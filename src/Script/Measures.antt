-- ===== src/Script/Measures.antt =====
-- Scripts that run to their end and push costs, each related to a label: rules for their steps.
use solana.Prelude.{
  ◌≡◌, refl, sym, ap, ◌∙◌, Option, none, some, List, [], ◌∷◌, ◌++◌, append_assoc, Bytes,
}
use solana.Script.{
  Outcome, done, threw, and_then, Request, State, Script, ◌>>=◌, call, send, push, return, answered,
  exit_code,
}
use solana.Script.Completion.{Given, Any, append_nil}

-- Two lists of one length, related place by place.
abbrev pub Pairwise : {X Y : Type 0} → (X → Y → Type 0) → List X → List Y → Type 0
Pairwise R [] [] = Unit {0}
Pairwise R (x ∷ xs) (y ∷ ys) = R x y × Pairwise R xs ys
Pairwise R [] (y ∷ ys) = ⊥
Pairwise R (x ∷ xs) [] = ⊥

Pairwise-append :
    {X Y : Type 0} (R : X → Y → Type 0) (xs xs' : List X) (ys ys' : List Y)
    → Pairwise R xs ys
    → Pairwise R xs' ys'
    → Pairwise R (xs ++ xs') (ys ++ ys')
Pairwise-append R [] xs' [] ys' h g = g
Pairwise-append R (x ∷ xs) xs' (y ∷ ys) ys' (r, h) g = (r, Pairwise-append R xs xs' ys ys' h g)
Pairwise-append R [] xs' (y ∷ ys) ys' h g = elim h [ ]
Pairwise-append R (x ∷ xs) xs' [] ys' h g = elim h [ ]

-- An answer that a call has given.
abbrev pub Answered : {A Net : Type 0} → (Net → Option A × Net) → A → Type 0
Answered {A} {Net} c a = (before : Net) × (after : Net) × (c before ≡ (some a, after))

module _ {Net Cost X : Type 0} (R : X → Cost → Type 0) where
  -- An outcome that did not throw; the costs pushed on the way are related to the labels.
  abbrev pub Grown :
      {A : Type 0} → List Cost → List X → (A → Type 0) → Outcome (State Net Cost) A → Type 0
  Grown before labels P (done a s) =
      ((new : List Cost) × (s.costs ≡ before ++ new) × Pairwise R labels new) × P a
  Grown before labels P (threw s) = ⊥

  pub record Measures {A : Type 0} (labels : List X) (P : A → Type 0)
      (m : Script (State Net Cost) A) : Type 0 where
    pub after : (s : State Net Cost) → Grown s.costs labels P (m s)

  Grown-shift :
      {A : Type 0} (P : A → Type 0) (before between new : List Cost) (labels labels' : List X)
      (o : Outcome (State Net Cost) A)
      → between ≡ before ++ new
      → Pairwise R labels new
      → Grown between labels' P o
      → Grown before (labels ++ labels') P o
  Grown-shift P before between new labels labels' (done a s) e r ((more, grown, r'), p) = (
    (
      new ++ more,
      grown ∙ ap (λ (x : List Cost). x ++ more) e ∙ append_assoc before new more,
      Pairwise-append R labels labels' new more r r',
    ),
    p,
  )
  Grown-shift P before between new labels labels' (threw s) e r h = h

  Grown-and_then :
      {A B : Type 0} {P : A → Type 0} {Q : B → Type 0} (before : List Cost)
      (labels labels' : List X) (o : Outcome (State Net Cost) A) (k : A → Script (State Net Cost) B)
      → Grown before labels P o
      → ((a : A) → P a → Measures labels' Q (k a))
      → Grown before (labels ++ labels') Q (and_then o k)
  Grown-and_then before labels labels' (done a s) k ((new, grown, r), p) g =
      Grown-shift _ before s.costs new labels labels' (k a s) grown r ((g a p).after s)
  Grown-and_then before labels labels' (threw s) k h g = elim h [ ]

  pub Measures->>= :
      {A B : Type 0} {labels labels' : List X} {P : A → Type 0} {Q : B → Type 0}
      {m : Script (State Net Cost) A} {k : A → Script (State Net Cost) B}
      → Measures labels P m
      → ((a : A) → P a → Measures labels' Q (k a))
      → Measures (labels ++ labels') Q (m >>= k)
  unfolding ◌>>=◌
  Measures->>= {A} {B} {labels} {labels'} {P} {Q} {m} {k} hm hk = record {
    after = λ s. Grown-and_then s.costs labels labels' (m s) k (hm.after s) hk;
  }

  Grown-answered :
      {A : Type 0} (P : A → Type 0) (c : Net → Option A × Net) (s s' : State Net Cost) (net : Net)
      (o : Option A × Net)
      → s'.costs ≡ s.costs
      → c net ≡ o
      → Given P o
      → Grown s.costs [] (λ a. P a × Answered c a) (answered s' o)
  Grown-answered P c s s' net (none, after) same e h = elim h [ ]
  Grown-answered P c s s' net (some a, after) same e h =
      (([], same ∙ sym (append_nil s.costs), tt), (h, (net, after, e)))

  pub Measures-call :
      {A : Type 0} {P : A → Type 0} (c : Net → Option A × Net)
      → ((net : Net) → Given P (c net))
      → Measures [] (λ a. P a × Answered c a) (call c)
  unfolding call
  Measures-call c h = record {
    after = λ s. Grown-answered _ c s s s.net (c s.net) refl refl (h s.net);
  }

  pub Measures-send :
      (rpc : Request → Net → Option Bytes × Net) (request : Request)
      → ((r : Request) (net : Net) → Given Any (rpc r net))
      → Measures [] (λ sig. Unit {0} × Answered (rpc request) sig) (send rpc request)
  unfolding send
  Measures-send rpc request h = record {
    after = λ s.
        Grown-answered Any (rpc request) s (record s { sent = s.sent ++ (request ∷ []) }) s.net
          (rpc request s.net) refl refl (h request s.net);
  }

  pub Measures-push :
      (label : X) (cost : Cost)
      → R label cost
      → Measures (label ∷ []) (λ (u : Unit {0}). Unit {0}) (push {Net = Net} cost)
  unfolding push
  Measures-push label cost r = record { after = λ s. ((cost ∷ [], refl, (r, tt)), tt) }

  pub Measures-return :
      {A : Type 0} (a : A) → Measures [] (λ (x : A). Unit {0}) (return {S = State Net Cost} a)
  unfolding return
  Measures-return a = record { after = λ s. (([], sym (append_nil s.costs), tt), tt) }

  -- What ended has the exit code 0.
  pub Grown-exit_code :
      {A : Type 0} (P : A → Type 0) (before : List Cost) (labels : List X)
      (o : Outcome (State Net Cost) A)
      → Grown before labels P o
      → ((exit_code o).0 ≡ 0)
        × ((new : List Cost) × ((exit_code o).1.costs ≡ before ++ new) × Pairwise R labels new)
  Grown-exit_code P before labels (done a state) (h, p) = (refl, h)
  Grown-exit_code P before labels (threw state) h = elim h [ ]
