-- ===== src/RenderTaskCache.antt =====
-- The render task cache of webrender/src/render_task.rs: render tasks whose results are kept in the texture
-- cache. Its hash map is an association list in the order in which it is walked. The kind of a key and its
-- equality are parameters, and so is the `UvRectKind` of a task, of which RenderTasks keeps no kind. The
-- closure of a request gives the tree after it, and a task if it returns one.
pub mod Requests
pub mod Retained
pub mod Placed
mod Tests
use webrender.Prelude.{
  ℕ, ◌≡◌, List, [], ◌∷◌, ◌++◌, Option, none, some, Bool, true, false, ◌&&◌, Run, done, panic, ◌>>=◌,
  unwrap, index_at, set,
}
use webrender.TextureAllocator.{DeviceIntSize}
use webrender.FreeList
use webrender.FreeList.{
  FreeList, FreeListHandle, WeakFreeListHandle, weak, weak_invalid, get, get_mut, get_opt, insert,
}
use webrender.Images.{ImageFormat, bgra8, r8, new_descriptor, all, unwrap_or, same_size}
use webrender.GpuCache.Caches.{GpuCache}
use webrender.RenderTasks.{
  RenderTargetKind, color, alpha, RenderTaskLocation, fixed, dynamic, texture_cache, RenderTask,
  RenderTaskTree,
}
use webrender.TextureCache.Updates.{linear}
use webrender.TextureCache.Entries.{UvRectKind, GpuBlockData, eager}
use webrender.TextureCache.Caches.{TextureCache}
use webrender.TextureCache.Requests.{
  CacheItem, UpdateParams, is_allocated, request, update, get_item, get_cache_location,
}

pub record RenderTaskCacheKey (K : Type 0) : Type 0 where
  pub size : DeviceIntSize
  pub kind : K

pub record RenderTaskCacheEntry : Type 0 where
  pub pending_render_task_id : Option ℕ
  pub user_data : Option (ℕ × ℕ × ℕ)
  pub is_opaque : Bool
  pub handle : WeakFreeListHandle

-- `RenderTaskCache`
pub record RenderTaskCache (K : Type 0) : Type 0 where
  pub map : List (RenderTaskCacheKey K × FreeListHandle)
  pub cache_entries : FreeList RenderTaskCacheEntry

abbrev pub new_task_cache : (K : Type 0) → RenderTaskCache K
new_task_cache K = record { map = []; cache_entries = FreeList.new }

-- The entry is freed unless the texture cache still has it.
abbrev pub free_unless :
    FreeList RenderTaskCacheEntry → FreeListHandle → Bool → Run (FreeList RenderTaskCacheEntry)
free_unless entries handle true = done entries
free_unless entries handle false = do
  (entries', freed) ← FreeList.free entries handle
  done entries'

module _ {K : Type 0} where
  abbrev pub clear_task_cache : RenderTaskCache K → RenderTaskCache K
  clear_task_cache c = record { map = []; cache_entries = FreeList.clear c.cache_entries }

  abbrev pub keep_if :
      Bool
      → RenderTaskCacheKey K × FreeListHandle
      → List (RenderTaskCacheKey K × FreeListHandle)
      → List (RenderTaskCacheKey K × FreeListHandle)
  keep_if true p rest = p ∷ rest
  keep_if false p rest = rest

  -- The walk of `begin_frame`: what is kept of the map, and the entries.
  unfoldable pub retain_map :
      TextureCache
      → List (RenderTaskCacheKey K × FreeListHandle)
      → FreeList RenderTaskCacheEntry
      → Run (List (RenderTaskCacheKey K × FreeListHandle) × FreeList RenderTaskCacheEntry)
  retain_map tc [] entries = done ([], entries)
  retain_map tc ((key, handle) ∷ rest) entries = do
    entry ← get entries handle
    retain ← is_allocated tc entry.handle
    entries' ← free_unless entries handle retain
    (rest', entries'') ← retain_map tc rest entries'
    done (keep_if retain (key, handle) rest', entries'')

  unfoldable pub begin_frame : RenderTaskCache K → TextureCache → Run (RenderTaskCache K)
  begin_frame c tc = do
    (map, cache_entries) ← retain_map tc c.map c.cache_entries
    done (record { map = map; cache_entries = cache_entries })

-- What `update` changes.
pub record TaskCacheState : Type 0 where
  pub cache_entries : FreeList RenderTaskCacheEntry
  pub textures : TextureCache
  pub gpu_cache : GpuCache GpuBlockData
  pub tree : RenderTaskTree

-- The size of a dynamic task.
abbrev pub expect_dynamic : RenderTaskLocation → Run DeviceIntSize
expect_dynamic (fixed r) = panic
expect_dynamic (dynamic o size) = done size
expect_dynamic (texture_cache t l r) = panic

abbrev pub image_format_of : RenderTargetKind → ImageFormat
image_format_of color = bgra8
image_format_of alpha = r8

-- The arguments of `update` of the texture cache.
abbrev pub task_params :
    RenderTaskCacheEntry → DeviceIntSize → RenderTargetKind → UvRectKind → UpdateParams
task_params entry size target_kind uv_rect_kind = record {
  params = record {
    descriptor =
        new_descriptor size.width size.height (image_format_of target_kind) entry.is_opaque false;
    filter = linear;
    user_data = unwrap_or entry.user_data (0, 0, 0);
    uv_rect_kind = uv_rect_kind;
  };
  image = none;
  eviction_notice = none;
  eviction = eager;
}

module _ (to_f32 pressure_scaled : ℕ → ℕ) (uv_rect_kind_of : RenderTask → UvRectKind) where
  -- The body of the loop of `update`, for an entry with a pending task.
  unfoldable pub update_pending :
      TaskCacheState → FreeListHandle → RenderTaskCacheEntry → ℕ → Run TaskCacheState
  update_pending s handle entry id = do
    task ← index_at s.tree.tasks id
    size ← expect_dynamic task.location
    (textures, texture_handle, gpu_cache) ←
        update to_f32 pressure_scaled s.textures entry.handle
          (task_params entry size task.target_kind (uv_rect_kind_of task)) all s.gpu_cache
    (texture_id, texture_layer, uv_rect) ← get_cache_location textures texture_handle
    cache_entries ←
        get_mut s.cache_entries handle
          (λ e. record e { pending_render_task_id = none; handle = texture_handle })
    done (record {
      cache_entries = cache_entries;
      textures = textures;
      gpu_cache = gpu_cache;
      tree = record s.tree {
        tasks =
            set s.tree.tasks id
              (record task { location = texture_cache texture_id texture_layer uv_rect });
      };
    })

  abbrev pub update_if_pending :
      TaskCacheState → FreeListHandle → RenderTaskCacheEntry → Option ℕ → Run TaskCacheState
  update_if_pending s handle entry none = done s
  update_if_pending s handle entry (some id) = update_pending s handle entry id

  -- `update`, over the handles of the map.
  unfoldable pub update_all :
      {K : Type 0}
      → List (RenderTaskCacheKey K × FreeListHandle)
      → TaskCacheState
      → Run TaskCacheState
  update_all [] s = done s
  update_all ((key, handle) ∷ rest) s = do
    entry ← get s.cache_entries handle
    s' ← update_if_pending s handle entry entry.pending_render_task_id
    update_all rest s'

module _ {K : Type 0} (same_kind : K → K → Bool) where
  abbrev pub same_key : RenderTaskCacheKey K → RenderTaskCacheKey K → Bool
  same_key a b = same_size a.size b.size && same_kind a.kind b.kind

  abbrev pub find_key :
      RenderTaskCacheKey K → List (RenderTaskCacheKey K × FreeListHandle) → Option FreeListHandle
  find_key key [] = none
  find_key key ((k, handle) ∷ rest) = elim (same_key k key) [
    | true ↦ some handle
    | false ↦ find_key key rest
  ]

  -- `entry(key).or_insert_with(…)`
  abbrev pub or_insert :
      RenderTaskCache K
      → RenderTaskCacheKey K
      → Option (ℕ × ℕ × ℕ)
      → Bool
      → Option FreeListHandle
      → Run (RenderTaskCache K × FreeListHandle)
  or_insert c key user_data is_opaque (some handle) = done (c, handle)
  or_insert c key user_data is_opaque none = do
    (cache_entries, handle) ← insert c.cache_entries (record {
      handle = weak_invalid;
      pending_render_task_id = none;
      user_data = user_data;
      is_opaque = is_opaque;
    })
    done (record { map = c.map ++ (key, handle) ∷ []; cache_entries = cache_entries }, handle)

  unfoldable pub get_cache_entry : RenderTaskCache K → WeakFreeListHandle → Run RenderTaskCacheEntry
  get_cache_entry c handle = do found ← get_opt c.cache_entries handle; unwrap found

  unfoldable pub get_cache_item_for_render_task :
      RenderTaskCache K → TextureCache → RenderTaskCacheKey K → Run CacheItem
  get_cache_item_for_render_task c tc key = do
    handle ← unwrap (find_key key c.map)
    entry ← get c.cache_entries handle
    get_item tc entry.handle

  unfoldable pub cache_item_is_allocated_for_render_task :
      RenderTaskCache K → TextureCache → RenderTaskCacheKey K → Run Bool
  cache_item_is_allocated_for_render_task c tc key = do
    handle ← unwrap (find_key key c.map)
    entry ← get c.cache_entries handle
    is_allocated tc entry.handle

★ ★ ★ ★

### TASK GOAL
Look above for the line containing "keep_if true p rest = p ∷ rest". Output from there through the line containing "map = map; cache_entries", exactly and inclusively.

### REPLY
  keep_if true p rest = p ∷ rest
  keep_if false p rest = rest

  -- The walk of `begin_frame`: what is kept of the map, and the entries.
  unfoldable pub retain_map :
      TextureCache
      → List (RenderTaskCacheKey K × FreeListHandle)
      → FreeList RenderTaskCacheEntry
      → Run (List (RenderTaskCacheKey K × FreeListHandle) × FreeList RenderTaskCacheEntry)
  retain_map tc [] entries = done ([], entries)
  retain_map tc ((key, handle) ∷ rest) entries = do
    entry ← get entries handle
    retain ← is_allocated tc entry.handle
    entries' ← free_unless entries handle retain
    (rest', entries'') ← retain_map tc rest entries'
    done (keep_if retain (key, handle) rest', entries'')

  unfoldable pub begin_frame : RenderTaskCache K → TextureCache → Run (RenderTaskCache K)
  begin_frame c tc = do
    (map, cache_entries) ← retain_map tc c.map c.cache_entries
    done (record { map = map; cache_entries = cache_entries })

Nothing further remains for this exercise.